- Captain: Karan Rastogi
- ITF ranking: 41 ▲10 (14 April 2025)
- Colors: red & White
- First year: 1981
- Years played: 31
- Ties played (W–L): 121 (59–58)
- Years in World Group: 5 (2–5)
- Best finish: World Group 2R (1982, 1990)
- Most total wins: Ling Zhang (37–26)
- Most singles wins: Ling Zhang (28–15)
- Most doubles wins: Ling Zhang (9–11)
- Best doubles team: Patricia Hy / Paulette Moreno (6–3)
- Most ties played: Ling Zhang (44)
- Most years played: Ling Zhang (11)

= Hong Kong Billie Jean King Cup team =

National tennis team

The Hong Kong Billie Jean King Cup team represents Hong Kong in the Billie Jean King Cup tennis competition and are governed by the Hong Kong Tennis Association.
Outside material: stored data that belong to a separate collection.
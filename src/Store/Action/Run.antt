-- ===== src/Store/Action/Run.antt =====
-- Running a transaction step by step: one rule for each primitive, which leaves what the rest has to
-- show.
use pulso_crm.Prelude.{
  ℕ, ◌+◌, ◌≡◌, refl, subst, Bool, true, false, Option, none, some, List, [], ◌∷◌, ◌++◌, Result, ok,
  err, Error, if◌then◌else◌,
}
use pulso_crm.Store.{Db, AuditEvent, AuditAction}
use pulso_crm.Store.Action.{
  Action, pure, gets, lift, require, modify, throw_when, ◌>>=◌, fresh, record_audit,
}

-- What holds after a run, if it does not throw.
abbrev pub After {ℓ} : {A : Type ℓ} → (A → Db → Type 0) → Result (A × Db) → Type 0
After Q (ok (a, db)) = Q a db
After Q (err e) = Unit

pub After-ok {ℓ} :
    {A : Type ℓ} (Q : A → Db → Type 0) {r : Result (A × Db)} {a : A} {db : Db}
    → After Q r
    → r ≡ ok (a, db)
    → Q a db
After-ok Q h e = subst (After Q) e h

pub After-map {ℓ} :
    {A : Type ℓ} (P Q : A → Db → Type 0) (r : Result (A × Db))
    → ((a : A) (db : Db) → P a db → Q a db)
    → After P r
    → After Q r
After-map P Q (ok (a, db)) f h = f a db h
After-map P Q (err e) f h = tt

pub After-bind {ℓ κ} :
    {A : Type ℓ} {B : Type κ} (P : A → Db → Type 0) (Q : B → Db → Type 0) (m : Action A)
    (f : A → Action B) (db : Db)
    → After P (m db)
    → ((a : A) (db' : Db) → P a db' → After Q (f a db'))
    → After Q ((m >>= f) db)
unfolding ◌>>=◌
After-bind {A = A} P Q m f db h k = go (m db) h
  where
    go :
        (r : Result (A × Db))
        → After P r
        → After Q (elim r [ ok (a, db') ↦ f a db' | err e ↦ err e ])
    go (ok (a, db')) p = k a db' p
    go (err e) p = tt

module _ {ℓ} {B : Type ℓ} (Q : B → Db → Type 0) where
  pub After-pure : (b : B) (db : Db) → Q b db → After Q (pure b db)
  unfolding pure
  After-pure b db h = h

  pub After-gets {κ} :
      {A : Type κ} (g : Db → A) (f : A → Action B) (db : Db)
      → After Q (f (g db) db)
      → After Q ((gets g >>= f) db)
  unfolding gets ◌>>=◌
  After-gets g f db h = h

  pub After-require {κ} :
      {A : Type κ} (o : Option A) (e : Error) (f : A → Action B) (db : Db)
      → ((a : A) → o ≡ some a → After Q (f a db))
      → After Q ((require o e >>= f) db)
  unfolding require ◌>>=◌
  After-require none e f db h = tt
  After-require (some a) e f db h = h a refl

  pub After-lift {κ} :
      {A : Type κ} (r : Result A) (f : A → Action B) (db : Db)
      → ((a : A) → r ≡ ok a → After Q (f a db))
      → After Q ((lift r >>= f) db)
  unfolding lift ◌>>=◌
  After-lift (ok a) f db h = h a refl
  After-lift (err e) f db h = tt

  pub After-throw_when :
      (b : Bool) (e : Error) (f : Unit {0} → Action B) (db : Db)
      → (b ≡ false → After Q (f tt db))
      → After Q ((throw_when b e >>= f) db)
  unfolding throw_when ◌>>=◌
  After-throw_when true e f db h = tt
  After-throw_when false e f db h = h refl

  pub After-modify :
      (g : Db → Db) (f : Unit {0} → Action B) (db : Db)
      → After Q (f tt (g db))
      → After Q ((modify g >>= f) db)
  unfolding modify ◌>>=◌
  After-modify g f db h = h

  pub After-fresh :
      (f : ℕ → Action B) (db : Db)
      → After Q (f db.next_id (record db { next_id = db.next_id + 1 }))
      → After Q ((fresh >>= f) db)
  unfolding fresh ◌>>=◌
  After-fresh f db h = h

  pub After-record_audit :
      (action : AuditAction) (id : ℕ) (branch : Option ℕ) (f : Unit {0} → Action B) (db : Db)
      → ((events : List AuditEvent) → After Q (f tt (record db { audit = events })))
      → After Q ((record_audit action id branch >>= f) db)
  unfolding record_audit ◌>>=◌
  After-record_audit action id branch f db h =
      h (db.audit ++ (record { action = action; resource_id = id; branch_id = branch }) ∷ [])

  pub After-if :
      (b : Bool) (m n : Action B) (db : Db)
      → (b ≡ true → After Q (m db))
      → (b ≡ false → After Q (n db))
      → After Q ((if b then m else n) db)
  After-if true m n db h k = h refl
  After-if false m n db h k = k refl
They will compete in the Asia/Oceania Zone Group II in 2022.

== Team members ==
2015 Fed Cup Asia/Oceania Zone Group I – Pool A ties:

- Ling Zhang
- Sher Chun-wing
- Wu Ho-ching
- Ng Man-ying

2022 Fed Cup Asia/Oceania Zone Group II – Pool A ties:

- Eudice Chong
- Adithya Karunaratne
- Cody Wong
- Wu Ho-ching
- Ng Man-ying

==History==
Hong Kong competed in its first Fed Cup in 1981. Their best result was reaching the round of 16 in 1982 and 1990.